Le Dernier Accord de la Tempête
Un homme aux doigts usés, courbé sous son fardeau,
Arpentait les débris d’un ancien bateau,
Son violon tremblant contre son cœur pareil.
La mer, telle une bête éventrant son repaire,
Rugissait des accords de fureur et de deuil,
Et l’horizon plombé, vêtu d’un lourd écueil,
S’ouvrait en cicatrice où grondait le tonnerre.
Son nom? Nul ne savait. Les soldats en guenilles,
Quand le canon sculptait sa danse sur les fronts,
L’avaient vu traverser les lueurs des affronts,
Cherchant dans chaque note un remède aux bastilles.
Il jouait pour les morts, pour l’espoir égaré,
Pour l’enfant dont les mains étreignaient une épée,
Pour la veuve au regard de vitre fracassée,
Et pour le rossignol dans son nid altéré.
Un soir, avant l’assaut qui brûla les villages,
Il avait fait serment à la fille des eaux :
« Tant que mes doigts auront la force des ruisseaux,
Je dompterai les flots, même au cœur des orages. »
La déesse avait ri, d’une voix de corail,
Posé sur son archet un baiser de nuage :
« Mais si tu fails, ô toi qui défies l’élément,
Ton âme errera seule dans son gémissement. »
Les années avaient fui, roulant leur sang noirci.
La guerre, hydre vorace aux gueules de mitraille,
Avait scellé les cœurs dans une froide paille,
Et l’homme ne savait plus chanter les merci.
Un matin où la brume étreignait les falaises,
Il vit monter des eaux un spectre familier :
C’était elle, son corps de lune et de lumière,
Ses cheveux d’algues vertes où dansaient les braises.
« Pourquoi tes chants se sont-ils changés en sanglots ?
La tempête grandit, et ta promesse est morte.
Tu n’entends plus les cris de la vague qui porte
Les âmes des noyés à l’ombre des îlots. »

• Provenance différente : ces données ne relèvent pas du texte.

-- ===== src/Base/Decimal.antt =====
-- Go's integers in decimal: `strconv.Itoa` and `strconv.Atoi` of the standard library.
pub mod RoundTrip
use Prim.Native.Char.{Char, code}
use Prim.Native.Nat.{ℕ, zero, suc, ◌+◌, ◌-◌, ◌*◌, ◌/◌, ◌%◌, ◌^◌}
use Prim.Native.String.{String, [], ◌∷◌}
use mathlib.Core.Path.{◌≡◌, refl}
use mathlib.Core.Bool.{Bool, true, false, ◌&&◌}
use mathlib.Core.Option.{Option, none, some}
use package.cluster_gateway.Base.Tests.{if◌then◌else◌, nat_eq, ltb}

-- `int`, of which the two bounds are written out where they matter
pub data ℤ : Type 0 where
  pos negsuc : ℕ → ℤ

digit : ℕ → Char
digit zero = "0"
digit (suc zero) = "1"
digit (suc (suc zero)) = "2"
digit (suc (suc (suc zero))) = "3"
digit (suc (suc (suc (suc zero)))) = "4"
digit (suc (suc (suc (suc (suc zero))))) = "5"
digit (suc (suc (suc (suc (suc (suc zero)))))) = "6"
digit (suc (suc (suc (suc (suc (suc (suc zero))))))) = "7"
digit (suc (suc (suc (suc (suc (suc (suc (suc zero)))))))) = "8"
digit _ = "9"

-- An int has at most 19 digits.
emit : ℕ → ℕ → String → String
unfolding digit
emit zero n out = out
emit (suc rounds) n out =
    let rest = emit rounds (n / 10) (digit (n % 10) ∷ out) in
    if ltb n 10 then digit (n % 10) ∷ out else rest

digits : ℕ → String
unfolding emit
digits n = emit 20 n []

-- `strconv.Itoa`
pub itoa : ℤ → String
unfolding digits
itoa (pos n) = digits n
itoa (negsuc n) = "-" ∷ digits (suc n)

scan : String → ℕ → Option ℕ
scan [] n = some n
scan (c ∷ s) n =
    let rest = scan s (n * 10 + (code c - 48)) in
    if ltb 47 (code c) && ltb (code c) 58 then rest else none

-- at least one digit
scan_all : String → Option ℕ
unfolding scan
scan_all [] = none
scan_all (c ∷ s) = scan (c ∷ s) 0

positive : Option ℕ → Option ℤ
positive none = none
positive (some n) = if ltb n (2 ^ 63) then some (pos n) else none

negative : Option ℕ → Option ℤ
negative none = none
negative (some zero) = some (pos 0)
negative (some (suc n)) = if ltb n (2 ^ 63) then some (negsuc n) else none

-- `strconv.Atoi`: a sign, and digits; neither a syntax error nor one of the range has a value
pub atoi : String → Option ℤ
unfolding scan_all positive negative
atoi [] = none
atoi (c ∷ s) =
    if nat_eq (code c) 45
    then negative (scan_all s)
    else if nat_eq (code c) 43
    then positive (scan_all s)
    else positive (scan_all (c ∷ s))

-- `==` on int64
pub int_eq : ℤ → ℤ → Bool
int_eq (pos m) (pos n) = nat_eq m n
int_eq (negsuc m) (negsuc n) = nat_eq m n
int_eq _ _ = false

negative_port : itoa (negsuc 79) ≡ "-80"
unfolding itoa digits emit digit
negative_port = refl

signed : atoi "+12" ≡ some (pos 12)
unfolding atoi scan_all scan positive
signed = refl

out_of_range : atoi "9223372036854775808" ≡ none
unfolding atoi scan_all scan positive
out_of_range = refl
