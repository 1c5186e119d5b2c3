-- ===== src/Configuration.antt =====
-- The configuration of the addon, pkg/apis/proxy/v1alpha1/clustergatewayconfigurations.go, its
-- constants in pkg/common/constants.go, and the addons of the hub as far as the program reads them.
use cluster_gateway.Base.{String, Option, List, [], ◌∷◌}
use cluster_gateway.Base.Decimal.{ℤ}
use cluster_gateway.Api.{OwnerReference}

-- `ClusterGatewayTrafficEgressClusterProxyCredential`
pub record ProxyCredential : Type 0 where
  pub namespace : String
  pub proxy_client_secret_name : String
  pub proxy_client_ca_secret_name : String

-- `ClusterGatewayTrafficEgressClusterProxy`
pub record ProxyEgress : Type 0 where
  pub proxy_server_host : String
  pub proxy_server_port : ℤ
  pub credentials : ProxyCredential

-- `ClusterGatewayTrafficEgress`
pub record TrafficEgress : Type 0 where
  pub type : String
  pub cluster_proxy : Option ProxyEgress

abbrev pub egress_direct : String
egress_direct = "Direct"

abbrev pub egress_cluster_proxy : String
egress_cluster_proxy = "ClusterProxy"

-- `ClusterGatewaySecretManagement`, with the name of the managed service account
pub record SecretManagement : Type 0 where
  pub type : String
  pub managed_service_account : Option String

abbrev pub management_manual : String
management_manual = "Manual"

abbrev pub management_managed_service_account : String
management_managed_service_account = "ManagedServiceAccount"

pub record ConfigurationSpec : Type 0 where
  pub image : String
  pub secret_namespace : String
  pub install_namespace : String
  pub secret_management : SecretManagement
  pub egress : TrafficEgress

pub record ClusterGatewayConfiguration : Type 0 where
  pub name : String
  pub generation : ℤ
  pub spec : ConfigurationSpec

-- `ClusterManagementAddOn`, with the resource that configures it
pub record ManagementAddon : Type 0 where
  pub name : String
  pub uid : String
  pub crd_name : String
  pub cr_name : String

-- `ManagedClusterAddOn`: the addon in the namespace of a cluster
pub record ClusterAddon : Type 0 where
  pub namespace : String
  pub name : String
  pub uid : String
  pub install_namespace : String
  pub cr_name : String

abbrev pub configuration_crd_name : String
configuration_crd_name = "clustergatewayconfigurations.proxy.open-cluster-management.io"

abbrev pub label_addon_name : String
label_addon_name = "proxy.open-cluster-management.io/addon-name"

abbrev pub api_service_name : String
api_service_name = "v1alpha1.cluster.core.oam.dev"

-- `GroupVersion.String()` of the API of addons
abbrev pub addon_group_version : String
addon_group_version = "addon.open-cluster-management.io/v1alpha1"

-- The owner that the installer gives its objects.
abbrev pub owned_by : ManagementAddon → List OwnerReference
owned_by addon =
    record {
      api_version = addon_group_version;
      kind = "ClusterManagementAddOn";
      uid = addon.uid;
      name = addon.name;
    }
    ∷ []
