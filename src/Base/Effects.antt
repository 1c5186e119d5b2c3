-- ===== src/Base/Effects.antt =====
-- Code that changes a state and may fail: an action returns its result and the state that it left.
use mathlib.Core.Path.{◌≡◌, refl}
use package.cluster_gateway.Base.Results.{Error, Result, ok, err, panic}

abbrev pub Action {ℓ} : Type ℓ → Type ℓ → Type ℓ
Action S A = S → Result A × S

module _ {ℓ} {S A : Type ℓ} where
  abbrev pub pure : A → Action S A
  pure a s = (ok a, s)

  abbrev pub fail : Error → Action S A
  fail e s = (err e, s)

  abbrev pub lift : Result A → Action S A
  lift r s = (r, s)

module _ {ℓ} {S A B : Type ℓ} where
  -- What follows an action that has returned.
  abbrev pub continue : Result A → (A → Action S B) → Action S B
  continue (ok a) f s = f a s
  continue (err e) f s = (err e, s)
  continue panic f s = (panic, s)

  infixl 5 ◌>>=◌
  abbrev pub ◌>>=◌ : Action S A → (A → Action S B) → Action S B
  ◌>>=◌ m f s = let (r, s') = m s in continue r f s'

  pub >>=-eq-ok :
      (m : Action S A) (f : A → Action S B) (s : S) {b : B}
      → ((m >>= f) s).0 ≡ ok b
      → (a : A) × ((m s).0 ≡ ok a) × ((f a (m s).1).0 ≡ ok b)
  >>=-eq-ok m f s {b} h = go (m s).0 refl h
    where
      go :
          (r : Result A)
          → (m s).0 ≡ r
          → (continue r f (m s).1).0 ≡ ok b
          → (a : A) × ((m s).0 ≡ ok a) × ((f a (m s).1).0 ≡ ok b)
      go (ok a) e k = (a, e, k)
      go (err x) e k = cc
      go panic e k = cc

Le musicien pleura, ses larmes de cristal
Tissèrent un reflet de sa jeunesse enfuie :
« La guerre a dévoré mes notes éblouies,
Mon violon n’est plus qu’un cercueil de métal. »
Alors, la mer gonfla ses muscles d’eau salée,
Souleva des volcans de houle et de courroux,
Et l’homme, serrant l’instrument contre ses genoux,
Entama sans espoir une mélodie ailée.
Premiers accords : le vent hésita dans sa course,
Les galets retenant leur souffle émerveillé.
La vague suspendit son poing démesuré,
Le ciel entrouvrit son armure de brouse.
Mais soudain, un éclair déchira l’aquilon,
Rappelant au guerrier les bombes et les râles.
Ses doigts, marqués au fer des brûlures morales,
Glissèrent en tremblant sur le bois violon.
La mer reconnut l’ombre, enfla son chant de haine,
Balaya d’un seul coup l’archet et son doux leurre.
L’homme, les yeux levés vers l’abîme qui pleure,
Sentit le froid lien se rompre dans sa chaîne.
« Je t’avais prévenu, pauvre enfant des tourments,
Ton art ne peut lutter contre l’acier des hommes.
La guerre est un requiem où sombrent tous les sommes,
Et les dieux de l’azur sont d’anciens instruments. »
Il tomba, lentement, comme un accord mineur
Qui se fond dans le ventre obscur de la marée.
Son violon, cercueil d’une muse enterrée,
Partit boire à jamais l’amertume des pleurs.
Depuis, quand la tempête éventre les rivages,
On entend une plainte au creux des rochers sourds :
C’est l’âme du joueur qui, pour quelques secours,
Tente de racheter son serment des naufrages.
Mais la guerre toujours, monstre aux mille couteaux,
Étouffe les soupirs de l’onde et des poètes.
Seul le ressac répond, infatigable athlète,
En roulant des débris de violons et d’eaux.